### About this exercise
Give every line of the records exactly, please, from the first up to and including the one containing "fails-bind r f h".

[[ Record extracts, beginning ]]

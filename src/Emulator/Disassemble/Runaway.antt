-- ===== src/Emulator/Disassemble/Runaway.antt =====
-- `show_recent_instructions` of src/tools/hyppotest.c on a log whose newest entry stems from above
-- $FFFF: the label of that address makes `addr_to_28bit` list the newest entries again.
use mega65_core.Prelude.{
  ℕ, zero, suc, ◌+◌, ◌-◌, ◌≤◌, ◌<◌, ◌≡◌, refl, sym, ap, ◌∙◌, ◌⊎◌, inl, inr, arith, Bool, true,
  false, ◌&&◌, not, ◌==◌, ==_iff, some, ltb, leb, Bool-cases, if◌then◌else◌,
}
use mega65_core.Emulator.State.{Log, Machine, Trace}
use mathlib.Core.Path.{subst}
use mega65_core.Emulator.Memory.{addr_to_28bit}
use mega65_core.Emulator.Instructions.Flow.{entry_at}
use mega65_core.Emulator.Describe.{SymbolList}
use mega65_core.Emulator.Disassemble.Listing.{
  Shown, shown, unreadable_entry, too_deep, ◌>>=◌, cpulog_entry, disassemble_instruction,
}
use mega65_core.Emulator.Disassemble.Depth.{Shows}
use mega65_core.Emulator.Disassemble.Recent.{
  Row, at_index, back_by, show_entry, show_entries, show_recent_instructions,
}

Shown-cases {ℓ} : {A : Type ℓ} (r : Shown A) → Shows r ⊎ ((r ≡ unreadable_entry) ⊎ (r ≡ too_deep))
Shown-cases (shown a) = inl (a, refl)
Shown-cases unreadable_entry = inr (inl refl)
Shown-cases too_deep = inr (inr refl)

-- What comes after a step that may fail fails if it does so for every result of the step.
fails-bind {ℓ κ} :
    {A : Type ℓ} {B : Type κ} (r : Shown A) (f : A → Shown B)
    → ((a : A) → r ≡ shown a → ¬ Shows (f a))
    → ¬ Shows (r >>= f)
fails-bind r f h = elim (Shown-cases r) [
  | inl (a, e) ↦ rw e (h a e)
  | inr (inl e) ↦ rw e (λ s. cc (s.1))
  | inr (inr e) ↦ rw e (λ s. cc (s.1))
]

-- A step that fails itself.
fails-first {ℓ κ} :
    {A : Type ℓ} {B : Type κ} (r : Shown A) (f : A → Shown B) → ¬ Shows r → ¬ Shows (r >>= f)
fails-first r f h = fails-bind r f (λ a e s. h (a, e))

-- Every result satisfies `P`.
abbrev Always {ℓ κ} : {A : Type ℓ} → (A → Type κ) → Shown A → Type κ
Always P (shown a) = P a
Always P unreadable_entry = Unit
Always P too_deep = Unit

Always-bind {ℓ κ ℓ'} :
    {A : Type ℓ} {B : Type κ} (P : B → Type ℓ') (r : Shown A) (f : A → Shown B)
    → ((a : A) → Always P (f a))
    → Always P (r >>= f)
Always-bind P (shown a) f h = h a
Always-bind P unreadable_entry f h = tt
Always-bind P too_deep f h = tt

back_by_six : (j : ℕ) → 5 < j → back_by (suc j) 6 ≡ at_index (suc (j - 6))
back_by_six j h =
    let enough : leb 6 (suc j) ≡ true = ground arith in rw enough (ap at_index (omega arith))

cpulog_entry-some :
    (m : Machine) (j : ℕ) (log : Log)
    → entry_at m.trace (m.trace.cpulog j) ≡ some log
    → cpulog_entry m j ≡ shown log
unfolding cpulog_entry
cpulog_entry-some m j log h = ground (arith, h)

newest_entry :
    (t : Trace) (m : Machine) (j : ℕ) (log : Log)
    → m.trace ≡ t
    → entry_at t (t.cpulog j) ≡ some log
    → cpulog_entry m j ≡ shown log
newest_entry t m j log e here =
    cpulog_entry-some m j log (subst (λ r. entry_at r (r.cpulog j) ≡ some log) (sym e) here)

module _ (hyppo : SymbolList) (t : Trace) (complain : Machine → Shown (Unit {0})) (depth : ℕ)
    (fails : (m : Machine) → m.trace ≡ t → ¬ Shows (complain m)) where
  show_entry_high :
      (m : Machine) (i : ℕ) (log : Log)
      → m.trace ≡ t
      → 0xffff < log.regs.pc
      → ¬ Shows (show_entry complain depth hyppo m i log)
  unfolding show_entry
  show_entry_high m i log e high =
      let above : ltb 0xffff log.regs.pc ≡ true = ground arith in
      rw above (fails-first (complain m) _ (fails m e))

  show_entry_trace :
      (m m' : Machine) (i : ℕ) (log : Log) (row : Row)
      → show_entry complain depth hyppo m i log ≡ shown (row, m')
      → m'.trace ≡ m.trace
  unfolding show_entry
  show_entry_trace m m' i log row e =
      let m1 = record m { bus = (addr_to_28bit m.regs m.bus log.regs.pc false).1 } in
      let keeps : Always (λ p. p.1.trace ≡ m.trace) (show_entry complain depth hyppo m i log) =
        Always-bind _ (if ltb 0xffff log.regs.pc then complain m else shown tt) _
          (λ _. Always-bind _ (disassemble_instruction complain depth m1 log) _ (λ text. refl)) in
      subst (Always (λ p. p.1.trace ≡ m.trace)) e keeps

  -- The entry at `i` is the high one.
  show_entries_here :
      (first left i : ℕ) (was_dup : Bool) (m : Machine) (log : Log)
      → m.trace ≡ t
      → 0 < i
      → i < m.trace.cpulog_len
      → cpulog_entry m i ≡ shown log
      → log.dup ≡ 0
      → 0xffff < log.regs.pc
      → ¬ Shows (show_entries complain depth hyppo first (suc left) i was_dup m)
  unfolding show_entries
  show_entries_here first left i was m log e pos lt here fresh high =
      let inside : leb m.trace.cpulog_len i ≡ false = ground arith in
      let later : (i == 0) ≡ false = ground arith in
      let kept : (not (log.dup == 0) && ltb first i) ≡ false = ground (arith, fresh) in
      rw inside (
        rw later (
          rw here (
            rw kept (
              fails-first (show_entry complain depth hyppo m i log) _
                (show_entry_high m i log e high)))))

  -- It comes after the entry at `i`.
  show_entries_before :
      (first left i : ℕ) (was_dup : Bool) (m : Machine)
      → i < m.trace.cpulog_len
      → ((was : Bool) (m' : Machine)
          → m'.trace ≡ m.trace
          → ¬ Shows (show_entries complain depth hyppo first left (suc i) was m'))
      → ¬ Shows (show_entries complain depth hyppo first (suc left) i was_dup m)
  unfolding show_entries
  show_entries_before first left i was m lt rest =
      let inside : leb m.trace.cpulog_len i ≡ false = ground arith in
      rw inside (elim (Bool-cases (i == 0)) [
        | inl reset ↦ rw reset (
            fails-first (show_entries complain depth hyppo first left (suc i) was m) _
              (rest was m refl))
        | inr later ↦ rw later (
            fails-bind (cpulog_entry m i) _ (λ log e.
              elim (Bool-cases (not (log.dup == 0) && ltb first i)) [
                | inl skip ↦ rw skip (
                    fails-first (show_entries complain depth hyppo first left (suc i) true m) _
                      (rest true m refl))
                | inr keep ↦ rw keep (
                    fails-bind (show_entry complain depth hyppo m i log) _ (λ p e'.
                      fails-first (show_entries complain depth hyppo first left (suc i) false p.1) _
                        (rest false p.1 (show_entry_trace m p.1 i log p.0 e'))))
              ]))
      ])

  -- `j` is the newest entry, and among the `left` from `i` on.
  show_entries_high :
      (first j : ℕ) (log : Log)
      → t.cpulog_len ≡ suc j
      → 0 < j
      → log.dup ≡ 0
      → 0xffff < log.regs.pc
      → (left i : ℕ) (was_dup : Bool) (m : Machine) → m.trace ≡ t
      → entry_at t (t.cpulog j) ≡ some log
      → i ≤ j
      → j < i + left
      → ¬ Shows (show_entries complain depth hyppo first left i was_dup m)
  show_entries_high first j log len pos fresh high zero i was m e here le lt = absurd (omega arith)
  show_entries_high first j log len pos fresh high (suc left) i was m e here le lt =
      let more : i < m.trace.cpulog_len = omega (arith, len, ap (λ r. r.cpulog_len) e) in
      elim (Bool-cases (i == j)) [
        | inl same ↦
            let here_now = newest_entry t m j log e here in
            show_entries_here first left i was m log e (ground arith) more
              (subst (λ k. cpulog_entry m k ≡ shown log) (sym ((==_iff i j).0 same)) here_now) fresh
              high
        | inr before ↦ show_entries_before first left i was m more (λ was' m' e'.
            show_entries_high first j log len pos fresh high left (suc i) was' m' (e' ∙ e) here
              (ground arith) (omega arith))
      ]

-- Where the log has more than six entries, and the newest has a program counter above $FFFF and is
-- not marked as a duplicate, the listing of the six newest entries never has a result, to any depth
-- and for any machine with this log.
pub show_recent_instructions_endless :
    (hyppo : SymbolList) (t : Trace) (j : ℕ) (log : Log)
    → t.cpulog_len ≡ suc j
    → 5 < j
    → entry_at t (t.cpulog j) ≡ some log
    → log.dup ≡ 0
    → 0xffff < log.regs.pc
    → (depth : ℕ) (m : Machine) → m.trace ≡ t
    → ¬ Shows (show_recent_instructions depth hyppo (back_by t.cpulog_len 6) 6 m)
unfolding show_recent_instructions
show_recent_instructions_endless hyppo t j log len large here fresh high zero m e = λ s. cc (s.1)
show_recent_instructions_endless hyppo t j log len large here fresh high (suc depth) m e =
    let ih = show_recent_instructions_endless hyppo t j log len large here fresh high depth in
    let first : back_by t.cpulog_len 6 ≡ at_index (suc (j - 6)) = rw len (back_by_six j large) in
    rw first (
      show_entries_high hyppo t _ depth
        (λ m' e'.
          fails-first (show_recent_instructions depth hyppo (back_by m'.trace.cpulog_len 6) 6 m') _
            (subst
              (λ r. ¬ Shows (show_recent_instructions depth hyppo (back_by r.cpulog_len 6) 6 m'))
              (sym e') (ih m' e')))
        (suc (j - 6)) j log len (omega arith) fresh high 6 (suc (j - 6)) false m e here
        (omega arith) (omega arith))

[[ Record extracts, end ]]

### The completed task
filename src/Emulator/Disassemble/Runaway.antt
-- ===== src/Emulator/Disassemble/Runaway.antt =====
-- `show_recent_instructions` of src/tools/hyppotest.c on a log whose newest entry stems from above
-- $FFFF: the label of that address makes `addr_to_28bit` list the newest entries again.
use mega65_core.Prelude.{
  ℕ, zero, suc, ◌+◌, ◌-◌, ◌≤◌, ◌<◌, ◌≡◌, refl, sym, ap, ◌∙◌, ◌⊎◌, inl, inr, arith, Bool, true,
  false, ◌&&◌, not, ◌==◌, ==_iff, some, ltb, leb, Bool-cases, if◌then◌else◌,
}
use mega65_core.Emulator.State.{Log, Machine, Trace}
use mathlib.Core.Path.{subst}
use mega65_core.Emulator.Memory.{addr_to_28bit}
use mega65_core.Emulator.Instructions.Flow.{entry_at}
use mega65_core.Emulator.Describe.{SymbolList}
use mega65_core.Emulator.Disassemble.Listing.{
  Shown, shown, unreadable_entry, too_deep, ◌>>=◌, cpulog_entry, disassemble_instruction,
}
use mega65_core.Emulator.Disassemble.Depth.{Shows}
use mega65_core.Emulator.Disassemble.Recent.{
  Row, at_index, back_by, show_entry, show_entries, show_recent_instructions,
}

Shown-cases {ℓ} : {A : Type ℓ} (r : Shown A) → Shows r ⊎ ((r ≡ unreadable_entry) ⊎ (r ≡ too_deep))
Shown-cases (shown a) = inl (a, refl)
Shown-cases unreadable_entry = inr (inl refl)
Shown-cases too_deep = inr (inr refl)

-- What comes after a step that may fail fails if it does so for every result of the step.
fails-bind {ℓ κ} :
    {A : Type ℓ} {B : Type κ} (r : Shown A) (f : A → Shown B)
    → ((a : A) → r ≡ shown a → ¬ Shows (f a))
    → ¬ Shows (r >>= f)
fails-bind r f h = elim (Shown-cases r) [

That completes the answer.